Ce regard, quasi méditatif, porté sur ces récits qui se trouvent, décidément, aux racines de notre culture, et ce même si nous avons considérablement bifurqué depuis lors, permet à Simone Weil de conclure sur ce regard désabusé porté sur les temps qui suivirent ces « jadis » héroïques :
« rien de ce qu’ont produit les peuples d’Europe ne vaut le premier poème connu qui soit apparu chez l’un d’eux. Ils retrouveront peut-être le génie épique quand ils sauront ne rien croire à l’abri du sort, ne jamais admirer la force, ne pas haïr les ennemis et ne pas mépriser les malheureux. Il est douteux que ce soit pour bientôt. »

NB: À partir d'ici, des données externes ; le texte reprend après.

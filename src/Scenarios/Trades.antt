-- ===== src/Scenarios/Trades.antt =====
-- The transactions of the repository at the market of `Market`.
use group_buy_market.Prelude.{
  ℕ, ◌≡◌, ◌==◌, ◌&&◌, true, str_eq, map, select, ◌*ℤ◌, refl, pos, ◌+ℤ◌, ◌-ℤ◌, none, some, List, [],
  ◌∷◌, count_where,
}
use group_buy_market.Types.Codes.{update_zero}
use group_buy_market.Types.Outcome.{ok, err, new_app_exception}
use group_buy_market.Trade.Entities.{GroupBuyTeamSettlementAggregate, team_settled}
use group_buy_market.Trade.StockKey.{digit, digits_loop, itoa}
use group_buy_market.Store.Table.{update_where}
use group_buy_market.Repository.Text.{random_numeric}
use group_buy_market.Repository.Queries.{
  to_team, has_out_trade_no, query_market_pay_order_entity_by_out_trade_no,
  query_group_buy_progress,
}
use group_buy_market.Repository.Tasks.{to_notify_entity}
use group_buy_market.Repository.Lock.{lock_market_pay_order}
use group_buy_market.Repository.Lock.Success.{
  unpaid, found_order, lock_market_pay_order-joins, lock_market_pay_order-opens,
}
use group_buy_market.Repository.Settle.{settlement_market_pay_order}
use group_buy_market.Repository.Settle.Success.{
  found_paid, settlement_market_pay_order-pays, settlement_market_pay_order-forms,
  settlement_market_pay_order-refilled,
}
use group_buy_market.Store.Rows.{GroupBuyOrder, NotifyTask, World}
use group_buy_market.Store.Only.{Only}
use group_buy_market.Scenarios.Market.{
  team, paid_order, unpaid_order, market, calm, joining, opening, bob_settles,
}

abbrev team_draws : List ℕ
team_draws = 1 ∷ 2 ∷ 3 ∷ 4 ∷ 5 ∷ 6 ∷ 7 ∷ 8 ∷ []

abbrev order_draws : List ℕ
order_draws = 9 ∷ 8 ∷ 7 ∷ 6 ∷ 5 ∷ 4 ∷ 3 ∷ 2 ∷ 1 ∷ 0 ∷ 1 ∷ 2 ∷ []

-- The team is the only row of its number.
team-Only :
    {t : GroupBuyOrder ℕ}
    → str_eq t.team_id "T" ≡ true
    → Only (λ r. str_eq r.team_id "T") (t ∷ []) [] t []
team-Only hit = record { at = refl; hit = hit; front = tt; back = tt }

lock_market_pay_order-joins_example :
    let order = unpaid "T" (random_numeric order_draws) joining in
    let done = lock_market_pay_order (pos 10) team_draws order_draws joining calm in
    (done.0 ≡ ok order)
    × (done.1.db.teams ≡ record team { lock_count = pos 3; update_time = pos 10 } ∷ [])
    × (found_order joining done.1 ≡ ok (some order))
    × ((query_group_buy_progress "T" done.1).0
        ≡ ok (some (record { target_count = pos 3; complete_count = pos 1; lock_count = pos 3 })))
unfolding count_where random_numeric digit itoa digits_loop ◌+ℤ◌
lock_market_pay_order-joins_example =
    lock_market_pay_order-joins (pos 10) team_draws order_draws joining calm [] team [] refl refl
      (team-Only refl) refl refl refl

lock_market_pay_order-opens_example :
    let order = unpaid (random_numeric team_draws) (random_numeric order_draws) opening in
    let done = lock_market_pay_order (pos 10) team_draws order_draws opening calm in
    (done.0 ≡ ok order)
    × ((t : GroupBuyOrder ℕ) × (done.1.db.teams ≡ team ∷ t ∷ [])
        × (t.status ≡ 0)
        × (t.activity_id ≡ pos 100)
        × (t.valid_start_time ≡ pos 10)
        × (t.valid_end_time ≡ pos 10 +ℤ pos 15 *ℤ pos 60000000000))
    × (found_order opening done.1 ≡ ok (some order))
    × ((query_group_buy_progress (random_numeric team_draws) done.1).0
        ≡ ok (some (record { target_count = pos 3; complete_count = pos 0; lock_count = pos 1 })))
unfolding count_where random_numeric digit itoa digits_loop ◌+ℤ◌
lock_market_pay_order-opens_example =
    lock_market_pay_order-opens (pos 10) team_draws order_draws opening calm refl refl refl refl
      refl

abbrev filled : GroupBuyOrder ℕ
filled = record team { lock_count = pos 3; complete_count = pos 2 }

-- The market with the team's last place taken.
abbrev full_market : World ℕ
full_market = record calm { db = record market { teams = filled ∷ [] } }

-- The unpaid order is the only one of bob's number.
unpaid_order-Only :
    Only (has_out_trade_no "bob" "n2") full_market.db.orders (paid_order ∷ []) unpaid_order []
unpaid_order-Only = record { at = refl; hit = refl; front = (refl, tt); back = tt }

settlement_market_pay_order-pays_example :
    let done = settlement_market_pay_order (pos 500) "topic" bob_settles full_market in
    (done.0 ≡ ok none)
    × (done.1.db.orders
        ≡ paid_order
          ∷ record unpaid_order {
            status = 1;
            out_trade_time = some (pos 500);
            update_time = pos 500;
          }
          ∷ [])
    × (done.1.db.teams ≡ record filled { complete_count = pos 3; update_time = pos 500 } ∷ [])
    × (done.1.db.tasks ≡ [])
    × ((query_market_pay_order_entity_by_out_trade_no "bob" "n2" done.1).0
        ≡ ok (some (found_paid unpaid_order)))
unfolding ◌-ℤ◌ ◌+ℤ◌
settlement_market_pay_order-pays_example =
    settlement_market_pay_order-pays (pos 500) "topic" bob_settles full_market (paid_order ∷ [])
      unpaid_order [] [] filled [] refl unpaid_order-Only refl (team-Only refl) refl refl

-- The payment that the counts of `full_market` call the last.
abbrev last_payment : GroupBuyTeamSettlementAggregate
last_payment = record bob_settles {
  group_buy_team_entity =
      to_team "topic" (record team { lock_count = pos 3; complete_count = pos 2 });
}

settlement_market_pay_order-forms_example :
    let done = settlement_market_pay_order (pos 500) "topic" last_payment full_market in
    (done.1.db.orders
      ≡ paid_order
        ∷ record unpaid_order { status = 1; out_trade_time = some (pos 500); update_time = pos 500 }
        ∷ [])
    × (done.1.db.teams
        ≡ record filled { complete_count = pos 3; status = 1; update_time = pos 500 } ∷ [])
    × ((task : NotifyTask) × (done.0 ≡ ok (some (to_notify_entity task)))
        × (done.1.db.tasks ≡ task ∷ [])
        × (task.notify_status ≡ 0)
        × (task.notify_count ≡ pos 0)
        × (task.parameter_json
            ≡ team_settled "T" (
                map
                  (λ r. r.out_trade_no)
                  (select (λ r. str_eq r.team_id "T" && r.status == 1) done.1.db.orders))))
unfolding ◌-ℤ◌ ◌+ℤ◌
settlement_market_pay_order-forms_example =
    settlement_market_pay_order-forms (pos 500) "topic" last_payment full_market (paid_order ∷ [])
      unpaid_order [] [] filled [] refl unpaid_order-Only refl (team-Only refl) refl refl refl

-- The team after the refund of a paid order of a complete team, filled up again.
abbrev refilled_market : World ℕ
refilled_market = record full_market {
  db = record full_market.db {
    teams = record team { lock_count = pos 3; complete_count = pos 2; status = 3 } ∷ [];
  };
}

settlement_market_pay_order-refilled_example :
    settlement_market_pay_order (pos 500) "topic" last_payment refilled_market
    ≡ (err (new_app_exception update_zero), refilled_market)
unfolding count_where update_where ◌-ℤ◌ ◌+ℤ◌
settlement_market_pay_order-refilled_example =
    settlement_market_pay_order-refilled (pos 500) "topic" last_payment refilled_market refl refl
      refl refl refl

Simone Weil – L’Iliade ou le poème de la force; 1940-41
Toute les illustrations sont issues de 300, l’oeuvre de Frank Miller, sous ses formes cinématographique, et roman graphique. Malgré les réserves qu’impose cette fiction, et le caractère idéologique de sa mise en scène, on ne peut que constater que c’est une des visions les plus saisissantes, et les plus puissantes qui ait été offerte des ces récits antiques, et ce depuis bien longtemps. Pour ne pas entretenir de confusion, on précisera cependant que la bataille des Thermopyles n’est pas racontée par Homère, mais par Hérodote; et pour cause : elle eut lieu en 480 Av. JC (on situe Homère à peu près au 8e siècle Av. JC). En revanche, la vision de Miller est intéressante en ce qu’elle tente, par delà les siècles, de trouver au mythe américain des racines plus profondes qu’à l’accoutumée.